YOUR TASK: Write out exactly the lines below that run from the one containing "-- The place with" through the one containing "places-append bytes offset (suc", both included, with no other lines.

[Saved data entries]
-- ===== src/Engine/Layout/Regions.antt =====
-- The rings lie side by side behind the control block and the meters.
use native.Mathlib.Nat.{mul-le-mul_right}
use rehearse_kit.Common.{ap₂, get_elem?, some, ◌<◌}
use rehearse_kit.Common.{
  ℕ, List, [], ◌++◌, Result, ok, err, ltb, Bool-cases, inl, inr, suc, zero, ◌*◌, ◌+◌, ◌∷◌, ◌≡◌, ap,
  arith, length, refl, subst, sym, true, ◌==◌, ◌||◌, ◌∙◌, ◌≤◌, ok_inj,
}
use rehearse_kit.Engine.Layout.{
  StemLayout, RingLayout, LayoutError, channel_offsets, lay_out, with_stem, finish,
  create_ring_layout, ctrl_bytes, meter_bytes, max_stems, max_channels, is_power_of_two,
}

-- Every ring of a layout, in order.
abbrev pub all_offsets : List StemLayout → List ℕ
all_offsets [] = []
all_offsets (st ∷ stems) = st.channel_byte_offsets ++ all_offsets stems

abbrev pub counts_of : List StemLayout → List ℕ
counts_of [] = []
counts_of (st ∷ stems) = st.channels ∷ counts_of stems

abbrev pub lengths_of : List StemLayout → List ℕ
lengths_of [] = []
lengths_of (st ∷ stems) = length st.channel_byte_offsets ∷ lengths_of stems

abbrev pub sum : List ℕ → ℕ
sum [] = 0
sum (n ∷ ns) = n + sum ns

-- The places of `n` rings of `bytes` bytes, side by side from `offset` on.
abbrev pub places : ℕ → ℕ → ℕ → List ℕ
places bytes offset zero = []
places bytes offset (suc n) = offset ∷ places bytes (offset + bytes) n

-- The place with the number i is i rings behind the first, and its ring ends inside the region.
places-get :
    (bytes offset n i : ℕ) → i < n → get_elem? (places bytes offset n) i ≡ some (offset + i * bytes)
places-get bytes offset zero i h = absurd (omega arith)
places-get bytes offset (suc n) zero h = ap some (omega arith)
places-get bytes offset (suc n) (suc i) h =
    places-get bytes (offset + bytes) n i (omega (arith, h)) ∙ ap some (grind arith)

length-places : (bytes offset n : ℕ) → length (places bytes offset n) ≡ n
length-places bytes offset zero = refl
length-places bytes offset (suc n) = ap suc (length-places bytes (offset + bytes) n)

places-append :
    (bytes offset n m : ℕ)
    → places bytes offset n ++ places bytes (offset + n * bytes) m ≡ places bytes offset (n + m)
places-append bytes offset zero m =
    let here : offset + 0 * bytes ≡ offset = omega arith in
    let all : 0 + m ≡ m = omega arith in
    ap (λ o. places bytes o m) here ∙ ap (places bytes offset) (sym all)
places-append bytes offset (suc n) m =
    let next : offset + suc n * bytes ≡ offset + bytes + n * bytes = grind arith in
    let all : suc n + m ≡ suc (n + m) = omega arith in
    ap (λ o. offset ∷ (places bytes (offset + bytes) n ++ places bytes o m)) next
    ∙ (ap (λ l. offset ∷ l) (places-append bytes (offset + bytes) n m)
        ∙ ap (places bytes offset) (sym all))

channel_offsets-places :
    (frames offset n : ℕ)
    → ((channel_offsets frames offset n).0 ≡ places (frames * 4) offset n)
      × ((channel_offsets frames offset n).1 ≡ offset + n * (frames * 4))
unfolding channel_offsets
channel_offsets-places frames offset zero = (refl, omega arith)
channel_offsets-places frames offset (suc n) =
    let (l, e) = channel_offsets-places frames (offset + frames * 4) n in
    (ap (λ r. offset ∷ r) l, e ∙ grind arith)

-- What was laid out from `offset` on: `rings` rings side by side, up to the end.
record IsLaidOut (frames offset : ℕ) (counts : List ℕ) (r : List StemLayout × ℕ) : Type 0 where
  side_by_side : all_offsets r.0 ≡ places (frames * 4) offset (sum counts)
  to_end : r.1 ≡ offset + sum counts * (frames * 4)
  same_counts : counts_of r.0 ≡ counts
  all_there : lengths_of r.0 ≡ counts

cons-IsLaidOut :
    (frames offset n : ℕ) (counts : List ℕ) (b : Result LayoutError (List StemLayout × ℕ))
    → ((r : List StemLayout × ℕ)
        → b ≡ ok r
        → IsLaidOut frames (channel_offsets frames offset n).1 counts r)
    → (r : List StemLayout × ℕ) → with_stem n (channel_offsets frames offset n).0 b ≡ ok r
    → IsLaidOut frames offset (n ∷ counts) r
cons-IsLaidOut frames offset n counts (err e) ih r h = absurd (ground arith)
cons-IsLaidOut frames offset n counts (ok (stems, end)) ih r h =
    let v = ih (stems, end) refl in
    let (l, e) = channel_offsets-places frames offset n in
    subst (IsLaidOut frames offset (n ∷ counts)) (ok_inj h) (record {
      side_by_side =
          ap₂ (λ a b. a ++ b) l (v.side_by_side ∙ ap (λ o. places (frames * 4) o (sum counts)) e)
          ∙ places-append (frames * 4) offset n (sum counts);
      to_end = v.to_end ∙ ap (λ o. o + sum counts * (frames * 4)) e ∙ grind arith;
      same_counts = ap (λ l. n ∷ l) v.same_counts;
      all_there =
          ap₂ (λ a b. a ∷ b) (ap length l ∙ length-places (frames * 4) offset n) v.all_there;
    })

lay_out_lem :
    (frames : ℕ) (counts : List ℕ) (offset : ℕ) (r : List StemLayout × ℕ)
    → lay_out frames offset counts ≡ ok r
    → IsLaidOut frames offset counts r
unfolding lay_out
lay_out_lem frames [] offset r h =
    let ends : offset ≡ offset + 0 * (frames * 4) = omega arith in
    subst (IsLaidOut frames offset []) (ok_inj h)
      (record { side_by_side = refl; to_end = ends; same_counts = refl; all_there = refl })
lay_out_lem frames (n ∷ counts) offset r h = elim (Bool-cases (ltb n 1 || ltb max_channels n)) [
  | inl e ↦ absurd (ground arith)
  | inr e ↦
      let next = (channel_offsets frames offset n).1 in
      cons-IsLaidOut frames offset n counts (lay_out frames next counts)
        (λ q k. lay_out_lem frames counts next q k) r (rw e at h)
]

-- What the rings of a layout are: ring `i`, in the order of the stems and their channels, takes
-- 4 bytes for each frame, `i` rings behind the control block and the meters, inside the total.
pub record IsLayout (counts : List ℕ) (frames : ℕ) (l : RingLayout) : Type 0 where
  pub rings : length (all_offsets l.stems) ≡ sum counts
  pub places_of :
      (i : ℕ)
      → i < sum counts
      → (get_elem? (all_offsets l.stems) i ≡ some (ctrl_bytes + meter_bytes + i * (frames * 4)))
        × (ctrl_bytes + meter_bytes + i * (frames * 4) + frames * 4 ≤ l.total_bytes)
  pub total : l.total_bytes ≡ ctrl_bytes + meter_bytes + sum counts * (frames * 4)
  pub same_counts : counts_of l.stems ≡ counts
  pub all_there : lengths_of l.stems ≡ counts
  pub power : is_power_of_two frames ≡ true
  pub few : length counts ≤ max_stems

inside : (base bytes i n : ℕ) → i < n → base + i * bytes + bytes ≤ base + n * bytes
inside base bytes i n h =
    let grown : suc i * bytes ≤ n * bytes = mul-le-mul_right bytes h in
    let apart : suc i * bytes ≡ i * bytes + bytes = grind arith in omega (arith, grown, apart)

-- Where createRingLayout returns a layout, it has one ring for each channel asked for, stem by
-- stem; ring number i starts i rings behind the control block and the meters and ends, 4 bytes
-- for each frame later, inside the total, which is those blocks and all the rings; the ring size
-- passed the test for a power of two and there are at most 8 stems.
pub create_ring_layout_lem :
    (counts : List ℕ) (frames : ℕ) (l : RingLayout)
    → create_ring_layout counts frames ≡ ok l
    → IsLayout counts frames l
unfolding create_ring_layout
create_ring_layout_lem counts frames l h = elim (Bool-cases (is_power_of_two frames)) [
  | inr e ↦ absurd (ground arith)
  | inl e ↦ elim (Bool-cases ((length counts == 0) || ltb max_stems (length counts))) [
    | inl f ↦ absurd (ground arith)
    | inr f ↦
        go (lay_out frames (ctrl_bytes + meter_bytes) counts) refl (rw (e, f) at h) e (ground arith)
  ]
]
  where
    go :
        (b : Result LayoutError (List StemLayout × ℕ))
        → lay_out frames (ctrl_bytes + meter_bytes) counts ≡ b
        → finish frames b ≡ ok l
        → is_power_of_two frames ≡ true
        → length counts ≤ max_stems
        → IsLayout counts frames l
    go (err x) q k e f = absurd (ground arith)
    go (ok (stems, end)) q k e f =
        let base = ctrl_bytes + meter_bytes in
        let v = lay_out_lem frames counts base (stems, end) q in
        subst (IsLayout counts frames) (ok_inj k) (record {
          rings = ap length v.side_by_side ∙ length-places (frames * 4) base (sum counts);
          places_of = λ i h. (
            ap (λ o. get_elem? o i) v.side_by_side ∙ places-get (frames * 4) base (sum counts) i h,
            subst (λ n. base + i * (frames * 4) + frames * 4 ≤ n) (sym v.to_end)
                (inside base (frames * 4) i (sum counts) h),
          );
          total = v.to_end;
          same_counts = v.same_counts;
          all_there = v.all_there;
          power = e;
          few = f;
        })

RESPONSE TO THIS EXERCISE:
-- The place with the number i is i rings behind the first, and its ring ends inside the region.
places-get :
    (bytes offset n i : ℕ) → i < n → get_elem? (places bytes offset n) i ≡ some (offset + i * bytes)
places-get bytes offset zero i h = absurd (omega arith)
places-get bytes offset (suc n) zero h = ap some (omega arith)
places-get bytes offset (suc n) (suc i) h =
    places-get bytes (offset + bytes) n i (omega (arith, h)) ∙ ap some (grind arith)

length-places : (bytes offset n : ℕ) → length (places bytes offset n) ≡ n
length-places bytes offset zero = refl
length-places bytes offset (suc n) = ap suc (length-places bytes (offset + bytes) n)

places-append :
    (bytes offset n m : ℕ)
    → places bytes offset n ++ places bytes (offset + n * bytes) m ≡ places bytes offset (n + m)
places-append bytes offset zero m =
    let here : offset + 0 * bytes ≡ offset = omega arith in
    let all : 0 + m ≡ m = omega arith in
    ap (λ o. places bytes o m) here ∙ ap (places bytes offset) (sym all)
places-append bytes offset (suc n) m =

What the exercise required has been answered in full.